Task to complete:
Every line from the one with "(v : Trie) (R : EndsAt s 64 x 1" to the one with "rw (single, stop, none) refl", including those two, is to be copied exactly; all other lines of the entries below are left out.

Material to process:
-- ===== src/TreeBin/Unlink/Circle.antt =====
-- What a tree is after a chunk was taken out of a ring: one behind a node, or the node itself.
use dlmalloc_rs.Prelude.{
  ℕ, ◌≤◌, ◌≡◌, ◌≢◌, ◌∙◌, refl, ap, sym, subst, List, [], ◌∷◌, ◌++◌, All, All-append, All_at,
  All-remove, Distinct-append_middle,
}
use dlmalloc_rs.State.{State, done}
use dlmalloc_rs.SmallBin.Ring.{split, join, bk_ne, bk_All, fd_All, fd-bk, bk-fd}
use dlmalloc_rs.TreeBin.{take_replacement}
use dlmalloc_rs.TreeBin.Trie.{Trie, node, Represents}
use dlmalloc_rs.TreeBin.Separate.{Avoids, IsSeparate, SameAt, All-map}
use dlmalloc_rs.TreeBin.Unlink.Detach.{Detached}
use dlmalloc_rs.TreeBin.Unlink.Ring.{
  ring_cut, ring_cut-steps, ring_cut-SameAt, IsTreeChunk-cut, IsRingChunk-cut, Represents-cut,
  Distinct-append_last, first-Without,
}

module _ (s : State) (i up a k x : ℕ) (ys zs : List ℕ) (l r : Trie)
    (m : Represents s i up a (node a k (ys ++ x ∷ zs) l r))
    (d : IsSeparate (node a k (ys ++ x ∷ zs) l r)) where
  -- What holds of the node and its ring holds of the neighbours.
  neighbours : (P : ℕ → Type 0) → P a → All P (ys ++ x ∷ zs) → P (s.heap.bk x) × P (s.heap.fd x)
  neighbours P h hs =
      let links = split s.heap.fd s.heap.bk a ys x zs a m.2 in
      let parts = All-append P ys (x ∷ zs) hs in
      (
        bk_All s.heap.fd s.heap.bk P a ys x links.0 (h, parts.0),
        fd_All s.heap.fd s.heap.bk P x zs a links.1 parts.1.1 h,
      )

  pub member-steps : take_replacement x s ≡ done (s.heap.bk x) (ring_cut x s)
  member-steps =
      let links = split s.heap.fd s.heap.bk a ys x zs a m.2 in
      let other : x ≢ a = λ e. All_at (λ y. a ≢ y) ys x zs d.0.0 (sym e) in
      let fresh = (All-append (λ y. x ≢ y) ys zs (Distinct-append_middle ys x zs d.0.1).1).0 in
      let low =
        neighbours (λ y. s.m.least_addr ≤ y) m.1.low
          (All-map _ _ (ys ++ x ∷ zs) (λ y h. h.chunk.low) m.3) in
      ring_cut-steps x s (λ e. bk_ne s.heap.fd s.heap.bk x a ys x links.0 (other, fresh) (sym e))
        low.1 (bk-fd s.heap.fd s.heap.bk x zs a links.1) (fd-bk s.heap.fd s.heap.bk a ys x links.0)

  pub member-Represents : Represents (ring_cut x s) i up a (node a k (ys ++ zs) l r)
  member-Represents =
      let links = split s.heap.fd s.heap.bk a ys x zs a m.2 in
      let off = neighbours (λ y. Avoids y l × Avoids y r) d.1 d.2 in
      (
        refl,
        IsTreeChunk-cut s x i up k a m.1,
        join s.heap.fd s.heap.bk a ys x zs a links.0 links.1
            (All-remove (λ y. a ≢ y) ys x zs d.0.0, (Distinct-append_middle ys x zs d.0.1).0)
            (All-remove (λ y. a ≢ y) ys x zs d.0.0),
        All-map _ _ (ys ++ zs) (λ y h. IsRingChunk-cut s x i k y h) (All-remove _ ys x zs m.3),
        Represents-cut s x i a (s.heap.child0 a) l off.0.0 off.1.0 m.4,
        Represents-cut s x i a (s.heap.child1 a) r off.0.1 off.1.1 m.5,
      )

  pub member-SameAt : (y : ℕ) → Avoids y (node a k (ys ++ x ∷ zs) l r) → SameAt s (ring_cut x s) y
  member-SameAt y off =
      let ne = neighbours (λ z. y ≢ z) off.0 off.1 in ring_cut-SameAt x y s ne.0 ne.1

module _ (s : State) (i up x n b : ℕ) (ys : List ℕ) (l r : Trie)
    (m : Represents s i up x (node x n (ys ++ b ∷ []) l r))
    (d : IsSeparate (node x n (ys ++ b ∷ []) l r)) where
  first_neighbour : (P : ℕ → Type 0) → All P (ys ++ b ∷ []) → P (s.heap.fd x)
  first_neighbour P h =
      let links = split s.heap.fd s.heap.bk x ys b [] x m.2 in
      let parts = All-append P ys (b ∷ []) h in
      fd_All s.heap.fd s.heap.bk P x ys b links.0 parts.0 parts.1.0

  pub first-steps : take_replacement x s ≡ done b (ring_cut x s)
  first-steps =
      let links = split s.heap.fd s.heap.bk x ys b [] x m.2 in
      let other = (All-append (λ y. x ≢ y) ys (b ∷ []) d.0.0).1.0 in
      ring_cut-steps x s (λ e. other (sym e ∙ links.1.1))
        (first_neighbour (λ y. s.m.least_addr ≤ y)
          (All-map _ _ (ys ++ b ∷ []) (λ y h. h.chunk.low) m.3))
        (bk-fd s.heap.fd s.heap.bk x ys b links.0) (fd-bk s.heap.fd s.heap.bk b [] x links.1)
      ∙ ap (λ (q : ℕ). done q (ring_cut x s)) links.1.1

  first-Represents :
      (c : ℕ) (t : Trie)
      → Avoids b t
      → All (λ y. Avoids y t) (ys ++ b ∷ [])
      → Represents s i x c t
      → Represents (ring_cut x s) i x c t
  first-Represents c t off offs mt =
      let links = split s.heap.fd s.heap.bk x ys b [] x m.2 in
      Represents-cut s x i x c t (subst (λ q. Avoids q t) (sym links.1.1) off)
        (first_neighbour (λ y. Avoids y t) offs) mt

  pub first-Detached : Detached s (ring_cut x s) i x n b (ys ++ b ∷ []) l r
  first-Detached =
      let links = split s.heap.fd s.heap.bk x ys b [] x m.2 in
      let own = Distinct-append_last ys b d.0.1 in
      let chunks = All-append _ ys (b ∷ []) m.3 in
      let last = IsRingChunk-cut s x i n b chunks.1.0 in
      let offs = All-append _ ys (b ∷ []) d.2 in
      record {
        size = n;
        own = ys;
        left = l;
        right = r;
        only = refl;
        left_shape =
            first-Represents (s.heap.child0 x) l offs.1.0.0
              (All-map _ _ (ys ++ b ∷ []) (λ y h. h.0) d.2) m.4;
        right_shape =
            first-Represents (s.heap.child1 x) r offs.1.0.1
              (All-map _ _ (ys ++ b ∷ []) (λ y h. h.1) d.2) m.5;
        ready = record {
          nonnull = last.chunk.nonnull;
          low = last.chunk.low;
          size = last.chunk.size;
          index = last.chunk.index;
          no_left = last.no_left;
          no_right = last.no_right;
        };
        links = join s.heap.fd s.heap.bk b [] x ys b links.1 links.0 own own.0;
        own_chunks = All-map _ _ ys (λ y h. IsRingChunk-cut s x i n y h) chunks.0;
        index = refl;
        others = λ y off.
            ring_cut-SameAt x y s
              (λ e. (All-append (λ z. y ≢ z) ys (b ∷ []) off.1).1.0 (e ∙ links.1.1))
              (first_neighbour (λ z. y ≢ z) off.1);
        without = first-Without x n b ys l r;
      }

--

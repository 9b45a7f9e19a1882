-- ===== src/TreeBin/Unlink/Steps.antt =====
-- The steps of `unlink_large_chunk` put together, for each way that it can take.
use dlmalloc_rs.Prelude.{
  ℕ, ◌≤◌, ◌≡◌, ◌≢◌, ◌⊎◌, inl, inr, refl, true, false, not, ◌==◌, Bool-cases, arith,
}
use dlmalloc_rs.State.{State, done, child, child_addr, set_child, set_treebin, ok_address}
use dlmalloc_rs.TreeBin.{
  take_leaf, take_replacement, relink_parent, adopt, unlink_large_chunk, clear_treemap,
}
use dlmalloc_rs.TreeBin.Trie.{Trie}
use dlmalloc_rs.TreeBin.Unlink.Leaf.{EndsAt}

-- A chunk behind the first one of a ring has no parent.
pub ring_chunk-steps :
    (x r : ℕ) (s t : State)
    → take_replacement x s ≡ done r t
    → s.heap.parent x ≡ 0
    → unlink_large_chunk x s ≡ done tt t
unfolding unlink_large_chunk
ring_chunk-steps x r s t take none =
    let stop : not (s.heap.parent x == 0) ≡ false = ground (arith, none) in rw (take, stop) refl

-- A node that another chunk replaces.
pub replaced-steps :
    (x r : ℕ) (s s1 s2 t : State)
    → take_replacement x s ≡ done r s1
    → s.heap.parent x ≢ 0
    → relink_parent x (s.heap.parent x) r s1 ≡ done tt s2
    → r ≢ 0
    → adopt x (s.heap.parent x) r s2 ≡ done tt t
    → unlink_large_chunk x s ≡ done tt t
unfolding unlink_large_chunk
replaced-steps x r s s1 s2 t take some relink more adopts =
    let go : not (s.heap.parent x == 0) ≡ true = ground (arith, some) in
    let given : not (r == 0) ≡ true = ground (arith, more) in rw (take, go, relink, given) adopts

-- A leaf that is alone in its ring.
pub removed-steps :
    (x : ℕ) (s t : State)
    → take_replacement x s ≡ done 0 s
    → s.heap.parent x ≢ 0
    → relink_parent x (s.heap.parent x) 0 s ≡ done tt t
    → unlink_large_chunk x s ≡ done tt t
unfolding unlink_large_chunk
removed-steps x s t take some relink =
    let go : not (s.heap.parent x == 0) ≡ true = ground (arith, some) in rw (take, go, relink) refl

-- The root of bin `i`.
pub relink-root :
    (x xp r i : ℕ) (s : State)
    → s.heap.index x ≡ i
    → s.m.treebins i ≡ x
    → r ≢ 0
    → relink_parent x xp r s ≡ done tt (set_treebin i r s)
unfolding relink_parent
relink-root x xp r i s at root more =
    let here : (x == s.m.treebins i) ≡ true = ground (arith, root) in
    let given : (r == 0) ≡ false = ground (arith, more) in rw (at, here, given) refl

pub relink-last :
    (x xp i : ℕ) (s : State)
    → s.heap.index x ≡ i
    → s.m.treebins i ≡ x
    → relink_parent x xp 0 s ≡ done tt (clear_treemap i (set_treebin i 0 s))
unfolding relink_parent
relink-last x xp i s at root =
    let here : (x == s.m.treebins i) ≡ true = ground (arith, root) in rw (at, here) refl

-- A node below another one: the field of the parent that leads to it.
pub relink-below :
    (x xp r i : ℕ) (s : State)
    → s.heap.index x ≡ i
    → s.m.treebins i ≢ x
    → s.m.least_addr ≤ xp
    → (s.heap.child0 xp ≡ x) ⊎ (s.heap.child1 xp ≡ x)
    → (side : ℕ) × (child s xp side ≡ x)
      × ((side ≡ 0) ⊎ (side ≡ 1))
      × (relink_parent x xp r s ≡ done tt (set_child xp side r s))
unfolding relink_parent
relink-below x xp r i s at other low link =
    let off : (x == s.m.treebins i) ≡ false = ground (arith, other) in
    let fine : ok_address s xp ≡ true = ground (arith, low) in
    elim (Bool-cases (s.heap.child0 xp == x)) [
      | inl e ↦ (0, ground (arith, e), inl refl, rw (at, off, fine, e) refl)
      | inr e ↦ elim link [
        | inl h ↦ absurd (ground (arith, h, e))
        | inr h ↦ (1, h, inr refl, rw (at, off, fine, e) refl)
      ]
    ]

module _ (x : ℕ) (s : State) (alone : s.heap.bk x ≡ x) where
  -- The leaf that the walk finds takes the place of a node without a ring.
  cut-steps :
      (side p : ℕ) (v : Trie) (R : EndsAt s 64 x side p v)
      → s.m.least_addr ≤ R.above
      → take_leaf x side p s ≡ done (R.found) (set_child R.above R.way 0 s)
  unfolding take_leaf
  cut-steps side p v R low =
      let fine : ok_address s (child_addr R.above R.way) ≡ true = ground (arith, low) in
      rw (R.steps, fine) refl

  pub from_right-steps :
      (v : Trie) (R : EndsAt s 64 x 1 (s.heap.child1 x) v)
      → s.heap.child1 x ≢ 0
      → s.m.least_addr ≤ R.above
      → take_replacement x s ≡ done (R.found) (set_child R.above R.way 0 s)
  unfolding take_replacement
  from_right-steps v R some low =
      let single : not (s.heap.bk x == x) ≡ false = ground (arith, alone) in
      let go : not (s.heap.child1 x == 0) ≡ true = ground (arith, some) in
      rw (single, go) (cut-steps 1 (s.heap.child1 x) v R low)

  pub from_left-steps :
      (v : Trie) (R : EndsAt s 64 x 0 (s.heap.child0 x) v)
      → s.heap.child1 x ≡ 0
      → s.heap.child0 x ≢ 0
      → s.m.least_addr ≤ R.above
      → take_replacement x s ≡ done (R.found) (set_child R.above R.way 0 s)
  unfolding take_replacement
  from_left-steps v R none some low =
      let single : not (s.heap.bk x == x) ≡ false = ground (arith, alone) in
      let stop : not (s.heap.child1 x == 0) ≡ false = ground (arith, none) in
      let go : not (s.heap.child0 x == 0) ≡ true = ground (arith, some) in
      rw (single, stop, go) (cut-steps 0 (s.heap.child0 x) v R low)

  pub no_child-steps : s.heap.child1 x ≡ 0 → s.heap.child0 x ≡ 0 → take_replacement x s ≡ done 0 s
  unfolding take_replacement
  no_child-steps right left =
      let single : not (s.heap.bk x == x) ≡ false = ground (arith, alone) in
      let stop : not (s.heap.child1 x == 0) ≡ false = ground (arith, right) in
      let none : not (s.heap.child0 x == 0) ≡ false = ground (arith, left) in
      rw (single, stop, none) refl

Final answer:
      (v : Trie) (R : EndsAt s 64 x 1 (s.heap.child1 x) v)
      → s.heap.child1 x ≢ 0
      → s.m.least_addr ≤ R.above
      → take_replacement x s ≡ done (R.found) (set_child R.above R.way 0 s)
  unfolding take_replacement
  from_right-steps v R some low =
      let single : not (s.heap.bk x == x) ≡ false = ground (arith, alone) in
      let go : not (s.heap.child1 x == 0) ≡ true = ground (arith, some) in
      rw (single, go) (cut-steps 1 (s.heap.child1 x) v R low)

  pub from_left-steps :
      (v : Trie) (R : EndsAt s 64 x 0 (s.heap.child0 x) v)
      → s.heap.child1 x ≡ 0
      → s.heap.child0 x ≢ 0
      → s.m.least_addr ≤ R.above
      → take_replacement x s ≡ done (R.found) (set_child R.above R.way 0 s)
  unfolding take_replacement
  from_left-steps v R none some low =
      let single : not (s.heap.bk x == x) ≡ false = ground (arith, alone) in
      let stop : not (s.heap.child1 x == 0) ≡ false = ground (arith, none) in
      let go : not (s.heap.child0 x == 0) ≡ true = ground (arith, some) in
      rw (single, stop, go) (cut-steps 0 (s.heap.child0 x) v R low)

  pub no_child-steps : s.heap.child1 x ≡ 0 → s.heap.child0 x ≡ 0 → take_replacement x s ≡ done 0 s
  unfolding take_replacement
  no_child-steps right left =
      let single : not (s.heap.bk x == x) ≡ false = ground (arith, alone) in
      let stop : not (s.heap.child1 x == 0) ≡ false = ground (arith, right) in
      let none : not (s.heap.child0 x == 0) ≡ false = ground (arith, left) in
      rw (single, stop, none) refl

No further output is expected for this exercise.